▽
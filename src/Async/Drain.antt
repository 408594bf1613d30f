-- ===== src/Async/Drain.antt =====
-- `drain` and `_drain_inner` of AbstractAsyncDistributedRateLimiter
-- (src/redis_rate_limiter/core/async_limiters.py). The limiter object is a part of what the coroutines
-- share: another one may change it while this one waits.
pub mod Agreement
use redis_rate_limiter.Prelude.{
  ℕ, suc, ◌-◌, ◌*◌, ◌^◌, min, ◌==◌, Bool, true, false, Option, none, some, List, [], ◌∷◌, ◌++◌, ltb,
  leb, if◌then◌else◌,
}
use redis_rate_limiter.Prelude.Int.{pos, leb_ℤ}
use redis_rate_limiter.Window.{calculate_token_recovery_delay}
use redis_rate_limiter.Limiter.Jitter.{calculate_smart_jitter}
use redis_rate_limiter.Prelude.Text.{Text}
use redis_rate_limiter.Redis.{Redis}
use redis_rate_limiter.Limiter.{Limiter, token_interval}
use redis_rate_limiter.Limiter.Consume.{ConsumeResult, consume}
use redis_rate_limiter.Scripts.Clock.{Time}
use redis_rate_limiter.Scripts.Task.{Task, is_marker}
use redis_rate_limiter.Drain.{
  Action, schedule_drain, dispatch_task, at_once, Draw, Clocks, round_delay, add_delay,
}
use redis_rate_limiter.Async.{Co, done, step, ◌>>=◌}

pub record Draining (R : Redis) : Type 0 where
  pub db : R.Db
  pub limiter : Limiter
  pub actions : List Action

-- The delay of the rate-limited branch: the calculations are those of DistributedRateLimiterMixin, which
-- both limiters share.
unfoldable pub retry_delay_async : Limiter → Draw → ConsumeResult → ℕ
unfolding round_delay
retry_delay_async l draw r =
    let base_delay =
      calculate_token_recovery_delay l.window_ms l.limit r.val_previous r.val_current
        r.reset_in_ms in
    let jitter =
      if leb r.val_previous 0
      then calculate_smart_jitter l r.remaining_tasks r.active_concurrency draw.roll draw.sides
      else if leb l.limit r.val_current
      then calculate_smart_jitter l r.remaining_tasks r.active_concurrency draw.roll draw.sides
      else at_once in
    round_delay (add_delay base_delay jitter)

-- What _drain_inner asks for when nothing was admitted and it has not yielded.
unfoldable pub stop_actions : Limiter → Draw → ConsumeResult → List Action
unfolding retry_delay_async
stop_actions l draw r =
    if r.remaining_tasks == 0
    then []
    else if leb l.max_concurrency r.active_concurrency
    then []
    else if r.marker_skipped
    then (if ltb 0 r.remaining_tasks then schedule_drain at_once ∷ [] else [])
    else if leb_ℤ r.remaining_tokens (pos 0)
    then schedule_drain (record { num = retry_delay_async l draw r; den = 1 }) ∷ []
    else []

module _ {R : Redis} where
  -- self._schedule_drain(...) and `await self._dispatch_task(...)`
  unfoldable pub ask : {A : Type 0} → List Action → Co (Draining R) A → Co (Draining R) A
  ask actions next = step (λ s. record s { actions = s.actions ++ actions }) (λ s. next)

  -- The success branch, and whether it raised: `accepts` tells whether the backend takes the task.
  unfoldable pub dispatch_async : (Task → Bool) → Option Task → ℕ → Co (Draining R) Bool
  unfolding ask
  dispatch_async accepts none remaining_tasks = done true
  dispatch_async accepts (some task) remaining_tasks =
      let follow_up = if ltb 0 remaining_tasks then schedule_drain at_once ∷ [] else [] in
      if is_marker task
      then ask follow_up (done false)
      else ask (dispatch_task task ∷ [])
          (if accepts task then ask follow_up (done false) else done true)

  -- The branches of _drain_inner that neither yield nor succeed. They do not wait.
  unfoldable pub conclude : Draw → ConsumeResult → Co (Draining R) Bool
  unfolding stop_actions
  conclude draw r =
      step (λ s. record s { actions = s.actions ++ stop_actions s.limiter draw r })
        (λ s. done false)

  unfoldable pub after_consume_async : (Task → Bool) → Draw → ConsumeResult → Co (Draining R) Bool
  unfolding dispatch_async conclude
  after_consume_async accepts draw r =
      if r.yielded
      then step
          (λ s. record s { actions = s.actions ++ schedule_drain (token_interval s.limiter) ∷ [] })
          (λ s. done false)
      else if r.success
      then dispatch_async accepts r.task r.remaining_tasks
      else conclude draw r

  unfoldable pub after_reply : (Task → Bool) → Draw → Option ConsumeResult → Co (Draining R) Bool
  unfolding after_consume_async
  after_reply accepts draw none = done true
  after_reply accepts draw (some r) = after_consume_async accepts draw r

  -- The end of `drain`: `except Exception`, with min(self.window, 0.1 * (2 ** (failures - 1))), or the
  -- reset behind _drain_inner.
  unfoldable pub settle_async : Bool → Co (Draining R) (Unit {0})
  settle_async true =
      step
        (λ s.
          let failures = suc s.limiter.consecutive_drain_failures in
          let delay = min s.limiter.window_ms (2 ^ (failures - 1) * 100) in
          record s {
            limiter = record s.limiter { consecutive_drain_failures = failures };
            actions = s.actions ++ schedule_drain (record { num = delay; den = 1 }) ∷ [];
          })
        (λ s. done tt)
  settle_async false =
      step (λ s. record s { limiter = record s.limiter { consecutive_drain_failures = 0 } })
        (λ s. done tt)

module _ (R : Redis) (loads : Text → Task) (accepts : Task → Bool) where
  unfoldable pub drain_inner_async : Time → Bool → Draw → Co (Draining R) Bool
  unfolding after_reply ask
  drain_inner_async time has_local_capacity draw =
      if has_local_capacity
      then step (λ s. record s { db = (consume R loads time s.limiter s.db).0 })
          (λ s. after_reply accepts draw (consume R loads time s.limiter s.db).1)
      else step
          (λ s. record s { actions = s.actions ++ schedule_drain (token_interval s.limiter) ∷ [] })
          (λ s. done false)

  -- From the pause on.
  unfoldable pub drain_unless_paused_async : Clocks → Bool → Draw → Co (Draining R) (Unit {0})
  unfolding drain_inner_async settle_async ask ◌>>=◌
  drain_unless_paused_async clocks has_local_capacity draw =
      step (λ s. s)
        (λ s.
          if ltb clocks.wall s.limiter.drain_paused_until
          then ask
              (schedule_drain (record { num = s.limiter.drain_paused_until - clocks.wall; den = 1 })
                ∷ [])
              (done tt)
          else drain_inner_async clocks.server has_local_capacity draw >>= settle_async)

  -- After refresh_config, which says whether it raised.
  unfoldable pub after_refresh : Clocks → Bool → Draw → Bool → Co (Draining R) (Unit {0})
  unfolding drain_unless_paused_async settle_async
  after_refresh clocks has_local_capacity draw true = settle_async true
  after_refresh clocks has_local_capacity draw false =
      drain_unless_paused_async clocks has_local_capacity draw

  unfoldable pub drain_async :
      Co (Draining R) Bool → Clocks → Bool → Draw → Co (Draining R) (Unit {0})
  unfolding after_refresh drain_unless_paused_async ◌>>=◌
  drain_async refresh_config clocks has_local_capacity draw =
      step
        (λ s.
          if leb 1000 (clocks.monotonic - s.limiter.last_refresh_at)
          then record s { limiter = record s.limiter { last_refresh_at = clocks.monotonic } }
          else s)
        (λ s.
          if leb 1000 (clocks.monotonic - s.limiter.last_refresh_at)
          then refresh_config >>= after_refresh clocks has_local_capacity draw
          else drain_unless_paused_async clocks has_local_capacity draw)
△
Find the lines in the entries above where "Option" occurs, and copy each of them.

  ℕ, suc, ◌-◌, ◌*◌, ◌^◌, min, ◌==◌, Bool, true, false, Option, none, some, List, [], ◌∷◌, ◌++◌, ltb,
  unfoldable pub dispatch_async : (Task → Bool) → Option Task → ℕ → Co (Draining R) Bool
  unfoldable pub after_reply : (Task → Bool) → Draw → Option ConsumeResult → Co (Draining R) Bool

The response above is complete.